In South America, despite the soundness of the legal framework contained in ATIT (Acuerdo sobre Transporte International Terrestre, or Agreement on International Land Transportation) and transit trade growth in the Mercado Común del Sur (Mercosur) countries, the spirit of the rules is not fully reflected in procedures. ATIT, created in the early 1980s, remains a chain of national procedures. Among the Andean countries, integration is significantly lower than in Mercosur, even though a common transit declaration form is in use (also known as the Andean Manifest). East Asia has several agreements such as the Greater Mekong Subregion Agreement for Facilitation of Cross-Border Transport of Goods and People, which has similarities with the TIR, but is not implemented so far. South Asia is the region furthest away from an integrated transit regime. It is characterized by complex institutional processes and numerous documents. Transit to the LLDCs is organized only bilaterally. The complexity of the system encourages rent-seeking agents and vested interests to maintain the status quo, including labor-intensive solutions such as transloading at borders. Infrastructure issues and lack of equipment at trans-shipment points contribute to the inefficiency of the transit systems. The establishment of the South Asian Free Trade Agreement has created high expectations toward facilitating transit transport of the two landlocked countries in the region, Bhutan and Nepal.
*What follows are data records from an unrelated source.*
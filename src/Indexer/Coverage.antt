-- ===== src/Indexer/Coverage.antt =====
-- permanode/src/indexer.rs, `poll_once`: the loop over the new heights, as a whole.
use gb_parano1d_permanode.Prelude.{
  ℕ, zero, suc, ◌+◌, ◌≤◌, ◌<◌, ◌≡◌, refl, sym, ap, subst, ◌∙◌, true, false, some, arith, Bool-cases,
  inl, inr, ◌==◌,
}
use gb_parano1d_permanode.Prelude.Result.{ok}
use gb_parano1d_permanode.Store.Rows.{Database, number}
use gb_parano1d_permanode.Store.Blocks.{canonical_hash_at}
use gb_parano1d_permanode.Store.Gaps.{set_state}
use gb_parano1d_permanode.Store.Index.{keys, log}
use gb_parano1d_permanode.Store.Headers.{IsSound}
use gb_parano1d_permanode.Store.Frame.{
  canonical_hash_at-SameIndex, IsSound-SameIndex, set_state-SameIndex,
}
use gb_parano1d_permanode.Indexer.Node.{BlockDetailsInfo, RpcClient, Config}
use gb_parano1d_permanode.Indexer.Record.{Env}
use gb_parano1d_permanode.Indexer.Ingest.{ingest_height-IsRecorded}
use gb_parano1d_permanode.Indexer.Poll.{Progress, last_processed_key, ingest_loop}

module _ (env : Env) (cfg : Config) (rpc : RpcClient) where
  -- The node has a block at every one of these heights.
  abbrev pub HasHeights : ℕ → ℕ → Type 0
  HasHeights zero height = Unit {0}
  HasHeights (suc rounds) height =
      ((details : BlockDetailsInfo) × (rpc.get_block_details height ≡ ok (some details))
        × (details.header.height ≡ height))
      × HasHeights rounds (suc height)

  -- What the loop leaves: the node's block at each of its heights, and the old block elsewhere.
  abbrev pub Covers : ℕ → ℕ → ℕ → Database → Database → Type 0
  Covers rounds height now db db' =
      ((other : ℕ)
        → (other < height → canonical_hash_at db' other ≡ canonical_hash_at db other)
          × (height + rounds ≤ other → canonical_hash_at db' other ≡ canonical_hash_at db other)
          × (height ≤ other
              → other < height + rounds
              → (details : BlockDetailsInfo) → rpc.get_block_details other ≡ ok (some details)
              → (id : ℕ) × (canonical_hash_at db' other ≡ some (id, details.header.hash))))
      × IsSound (keys db') (log db') (now + rounds)

  pub ingest_loop-Covers :
      (rounds height now : ℕ) (db : Database)
      → 0 < now
      → IsSound (keys db) (log db) now
      → HasHeights rounds height
      → ((ingest_loop env cfg rpc rounds height now db).finished ≡ true)
        × Covers rounds height now db (ingest_loop env cfg rpc rounds height now db).db
  unfolding ingest_loop
  ingest_loop-Covers zero height now db pos sound has =
      let end : now ≡ now + 0 = omega arith in
      (
        refl,
        (
          λ other. (λ below. refl, λ above. refl, λ from below. ground arith),
          subst (λ (n : ℕ). IsSound (keys db) (log db) n) end sound,
        ),
      )
  ingest_loop-Covers (suc rounds) height now db pos sound ((details, answer, own), has) =
      let (db', eq, id, (blocks, sound')) =
        ingest_height-IsRecorded env rpc cfg db height now details pos sound answer in
      let marked = set_state db' last_processed_key (number height) in
      let same = set_state-SameIndex db' last_processed_key (number height) in
      let (finished, (rest, end)) =
        ingest_loop-Covers rounds (suc height) (suc now) marked (omega arith)
          (IsSound-SameIndex db' marked (suc now) same sound') has in
      let last = (ingest_loop env cfg rpc rounds (suc height) (suc now) marked).db in
      let elsewhere : (other : ℕ)
          → (other == height) ≡ false
          → canonical_hash_at marked other ≡ canonical_hash_at db other =
        λ other ne.
          canonical_hash_at-SameIndex db' marked other same ∙ blocks other ∙ rw (own, ne) refl in
      let clock : suc now + rounds ≡ now + suc rounds = omega arith in
      let step : ingest_loop env cfg rpc (suc rounds) height now db
          ≡ ingest_loop env cfg rpc rounds (suc height) (suc now) marked =
        rw (ingest_loop, eq) refl in
      subst (λ (p : Progress). (p.finished ≡ true) × Covers (suc rounds) height now db p.db)
        (sym step)
        (
          finished,
          (
            λ other. (
              λ below. (rest other).0 (omega arith) ∙ elsewhere other (ground arith),
              λ above. (rest other).1 (omega arith) ∙ elsewhere other (ground arith),
              λ from below d found. elim (Bool-cases (other == height)) [
                | inr later ↦ (rest other).2 (ground arith) (omega arith) d found
                | inl here ↦
                    let other_eq : other ≡ height = ground arith in
                    let found' : rpc.get_block_details height ≡ ok (some d) =
                      ap rpc.get_block_details (sym other_eq) ∙ found in
                    let same_answer : ok (some details) ≡ ok (some d) = sym answer ∙ found' in
                    let same_details : details ≡ d = cc in
                    (
                      id,
                      (rest other).0 (ground arith)
                          ∙ canonical_hash_at-SameIndex db' marked other same
                          ∙ blocks other
                          ∙ rw (own, here)
                              (ap (λ (x : BlockDetailsInfo). some (id, x.header.hash))
                                same_details),
                    )
              ],
            ),
            subst (λ (n : ℕ). IsSound (keys last) (log last) n) clock end,
          ),
        )
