-- ===== src/Store/Orphans.antt =====
-- core/src/db.rs, `mark_orphaned`: the canonical blocks before and after.
use gb_parano1d_permanode.Prelude.{
  ℕ, suc, ◌<◌, ◌≡◌, sym, subst, ◌∙◌, Bool, true, false, none, some, String, List, [], ◌∷◌, arith,
  ◌==◌, ltb, find, Bool-cases, Option-cases, inl, inr,
}
use native.Mathlib.Nat.{le_refl}
use gb_parano1d_permanode.Store.Rows.{orphaned, StatusRow, Database}
use gb_parano1d_permanode.Store.Blocks.{latest_observed, canonical_hash_at, mark_orphaned}
use gb_parano1d_permanode.Store.Index.{
  Key, keys, log, find_key, is_at, current, canonical_of, canonical_hash_at-index,
}
use gb_parano1d_permanode.Store.Canonical.{canonical_of-elsewhere}
use gb_parano1d_permanode.Store.Headers.{
  IsSound, IsNumbered, next_key, IsLogged-latest, IsLogged-weaken, is_at-key, none-above,
}

find-holds {ℓ} : {A : Type ℓ} (p : A → Bool) (xs : List A) (x : A) → find p xs ≡ some x → p x ≡ true
find-holds p [] x e = cc
find-holds p (y ∷ ys) x e = elim (Bool-cases (p y)) [
  | inl hit ↦
      let e' : some y ≡ some x = rw hit at e in
      let same : y ≡ x = cc in subst (λ z. p z ≡ true) same hit
  | inr miss ↦ find-holds p ys x (rw miss at e)
]

find_key-below : (ks : List Key) (id : ℕ) (k : Key) → find_key id ks ≡ some k → id < next_key ks
find_key-below ks id k e = elim (Bool-cases (ltb id (next_key ks))) [
  | inl below ↦ ground arith
  | inr above ↦ let e' : none ≡ some k = sym (none-above ks id (ground arith)) ∙ e in cc
]

-- The block that is canonical at a height has its row there.
pub canonical_of-key :
    (ks : List Key) (l : List StatusRow) (height id : ℕ) (hash : String)
    → IsNumbered ks
    → canonical_of ks l height ≡ some (id, hash)
    → (k : Key) × (find_key id ks ≡ some k) × (k.key_height ≡ height) × (k.key_hash ≡ hash)
canonical_of-key ks l height id hash num e = elim (Option-cases (find (current ks l height) l)) [
  | inl absent ↦ let e' : none ≡ some (id, hash) = rw absent at e in cc
  | inr (s, found) ↦ elim (Option-cases (find_key s.block_id ks)) [
    | inl absent ↦ let e' : none ≡ some (id, hash) = rw (found, absent) at e in cc
    | inr (k, key) ↦
        let e' : some (s.block_id, k.key_hash) ≡ some (id, hash) = rw (found, key) at e in
        let id_eq : s.block_id ≡ id = cc in
        let hash_eq : k.key_hash ≡ hash = cc in
        let holds = find-holds (current ks l height) l s found in
        let at : is_at ks height s.block_id ≡ true = ground (arith, holds) in
        let height_eq = is_at-key ks s.block_id height k num key in
        (
          k,
          subst (λ (i : ℕ). find_key i ks ≡ some k) id_eq key,
          ground (arith, at, height_eq),
          hash_eq,
        )
  ]
]

module _ (db : Database) (height now old : ℕ) (known : String) (pos : 0 < now)
    (sound : IsSound (keys db) (log db) now)
    (current_block : canonical_hash_at db height ≡ some (old, known)) where
  old-key :
      (k : Key) × (find_key old (keys db) ≡ some k) × (k.key_height ≡ height) × (k.key_hash ≡ known)
  old-key =
      canonical_of-key (keys db) (log db) height old known sound.numbered
        (sym (canonical_hash_at-index db height) ∙ current_block)

  later : latest_observed (log db) old < now
  later = IsLogged-latest (next_key (keys db)) now old (log db) pos sound.logged

  pub mark_orphaned-IsSound :
      IsSound (keys (mark_orphaned db old now)) (log (mark_orphaned db old now)) (suc now)
  unfolding mark_orphaned
  mark_orphaned-IsSound =
      let (k, key, at, own) = old-key in
      record {
        numbered = sound.numbered;
        timed = (later, sound.timed);
        logged = (
          find_key-below (keys db) old k key,
          omega arith,
          IsLogged-weaken (next_key (keys db)) now _ _ (log db) (le_refl _) (omega arith)
              sound.logged,
        );
      }

  -- Every other height keeps its canonical block.
  pub mark_orphaned-elsewhere :
      (other : ℕ)
      → (other == height) ≡ false
      → canonical_hash_at (mark_orphaned db old now) other ≡ canonical_hash_at db other
  unfolding mark_orphaned
  mark_orphaned-elsewhere other differs =
      let (k, key, at, own) = old-key in
      let s : StatusRow = record { block_id = old; status = orphaned; observed_at = now } in
      let off : is_at (keys db) other old ≡ false =
        is_at-key (keys db) old other k sound.numbered key ∙ ground arith in
      canonical_hash_at-index (mark_orphaned db old now) other
      ∙ canonical_of-elsewhere (keys db) s (log db) other later off
      ∙ sym (canonical_hash_at-index db other)
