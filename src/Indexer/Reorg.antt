-- ===== src/Indexer/Reorg.antt =====
-- permanode/src/indexer.rs, `recheck_height`: the canonical blocks before and after a reorg.
use gb_parano1d_permanode.Prelude.{
  ℕ, suc, ◌<◌, ◌≡◌, refl, subst, ◌∙◌, false, ◌||◌, some, String, if◌then◌else◌, arith, Bool-cases,
  inl, inr, ◌==◌, str_eq,
}
use gb_parano1d_permanode.Prelude.Result.{ok, ◌>>=◌}
use gb_parano1d_permanode.Emission.Schedule.{v2_active}
use gb_parano1d_permanode.Store.Rows.{Database}
use gb_parano1d_permanode.Store.Blocks.{
  BlockHeaderInfo, canonical_hash_at, mark_orphaned, is_header_only,
}
use gb_parano1d_permanode.Store.Index.{keys, log}
use gb_parano1d_permanode.Store.Headers.{IsSound}
use gb_parano1d_permanode.Store.Orphans.{mark_orphaned-IsSound, mark_orphaned-elsewhere}
use gb_parano1d_permanode.Indexer.Node.{BlockDetailsInfo, RpcClient, Config}
use gb_parano1d_permanode.Indexer.Body.{BodyOutcome, store, gap, resolve_body, raw_for}
use gb_parano1d_permanode.Indexer.Record.{
  Env, write_replacement, replace_block, recheck_height, reorg_note,
}
use gb_parano1d_permanode.Indexer.Canonical.{Records, record_gap_block-Records}
use gb_parano1d_permanode.Indexer.Ingest.{details_of, resolve_body-header, write_body-Records}

pub write_replacement-Records :
    (env : Env) (rpc : RpcClient) (cfg : Config) (db : Database) (height now : ℕ) (hash : String)
    (outcome : BodyOutcome)
    → IsSound (keys db) (log db) (suc now)
    → Records db
        (details_of outcome).header
        (suc now)
        (write_replacement env rpc cfg db height hash (some outcome) now)
unfolding write_replacement
write_replacement-Records env rpc cfg db height now hash (gap details note) sound =
    record_gap_block-Records db details.header (suc now) (omega arith) sound details note refl
write_replacement-Records env rpc cfg db height now hash (store details retained source at_hand)
      sound =
    write_body-Records env cfg db details.header (suc now) (omega arith) sound height retained
      source (raw_for rpc height (cfg.archive_raw_blocks || v2_active height) at_hand)

module _ (env : Env) (rpc : RpcClient) (cfg : Config) (db : Database) (height now old : ℕ)
    (known : String) (header : BlockHeaderInfo) where
  -- A re-check that finds another block.
  recheck_height-reorg :
      (details : BlockDetailsInfo)
      → rpc.get_block_header height ≡ ok (some header)
      → canonical_hash_at db height ≡ some (old, known)
      → str_eq known header.hash ≡ false
      → is_header_only db old ≡ false
      → rpc.get_block_details height ≡ ok (some details)
      → recheck_height env rpc cfg db height now
        ≡ write_replacement env rpc cfg
            (mark_orphaned db old now)
            height
            header.hash
            (some (resolve_body env.chain rpc cfg details (reorg_note env)))
            now
  unfolding recheck_height replace_block
  recheck_height-reorg details answer current differs archived found =
      rw (recheck_height, answer, ◌>>=◌)
        (rw (current, differs, archived, replace_block) (rw found refl))

-- A re-check that finds another block at an archived height puts the node's block in its place:
-- it is the canonical one there, every other height keeps its own, and the database stays sound.
pub recheck_height-replaced :
    (env : Env) (rpc : RpcClient) (cfg : Config) (db : Database) (height now old : ℕ)
    (known : String) (header : BlockHeaderInfo) (details : BlockDetailsInfo)
    → 0 < now
    → IsSound (keys db) (log db) now
    → rpc.get_block_header height ≡ ok (some header)
    → canonical_hash_at db height ≡ some (old, known)
    → str_eq known header.hash ≡ false
    → is_header_only db old ≡ false
    → rpc.get_block_details height ≡ ok (some details)
    → details.header.height ≡ height
    → (db' : Database) × (recheck_height env rpc cfg db height now ≡ ok db')
      × (id : ℕ) × ((other : ℕ)
          → canonical_hash_at db' other ≡ (
              if other == height
              then some (id, details.header.hash)
              else canonical_hash_at db other))
      × IsSound (keys db') (log db') (suc (suc now))
recheck_height-replaced env rpc cfg db height now old known header details pos sound answer current
      differs archived found own =
    let outcome = resolve_body env.chain rpc cfg details (reorg_note env) in
    let marked = mark_orphaned db old now in
    let (db', eq, id, (blocks, sound')) =
      subst
        (λ (h : BlockHeaderInfo).
          Records marked h (suc now)
            (write_replacement env rpc cfg marked height header.hash (some outcome) now))
        (resolve_body-header env.chain rpc cfg details (reorg_note env))
        (write_replacement-Records env rpc cfg marked height now header.hash outcome
          (mark_orphaned-IsSound db height now old known pos sound current)) in
    (
      db',
      recheck_height-reorg env rpc cfg db height now old known header details answer current differs
            archived found
          ∙ eq,
      id,
      λ other. elim (Bool-cases (other == height)) [
        | inl here ↦ blocks other ∙ rw (own, here) refl
        | inr there ↦
            blocks other
            ∙ rw (own, there)
                (mark_orphaned-elsewhere db height now old known pos sound current other there)
      ],
      sound',
    )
The Economic Cooperation Organization (ECO) Transit Framework Agreement involves countries in Western and Central Asia: Afghanistan, Azerbaijan, Iran, Kazakhstan, Kyrgyz Republic, Pakistan, Tajikistan, Turkey, Turkmenistan, and Uzbekistan. However, TIR is still the main instrument for long-distance transit, and ECO has not implemented its own regime. The same is true with the Arab Manifest promoted by the Arab League: the few member countries active in transit trade (Jordan, Morocco, Syria, and Tunisia) prefer to use national procedures or the TIR.

Regional Transit Regimes: “TIR Lite” There is no business case to be made for regional “TIR lite” transit regimes. None of the regional experiments launched over the past three decades have produced a truly regional system, where goods can move on transit from origin to destination under a single transit document and a single bond. In most cases, a satisfactory degree of harmonization of documentation and procedures has been achieved within a regional economic grouping but these remain purely national. No serious effort has been made to integrate the transit bonds.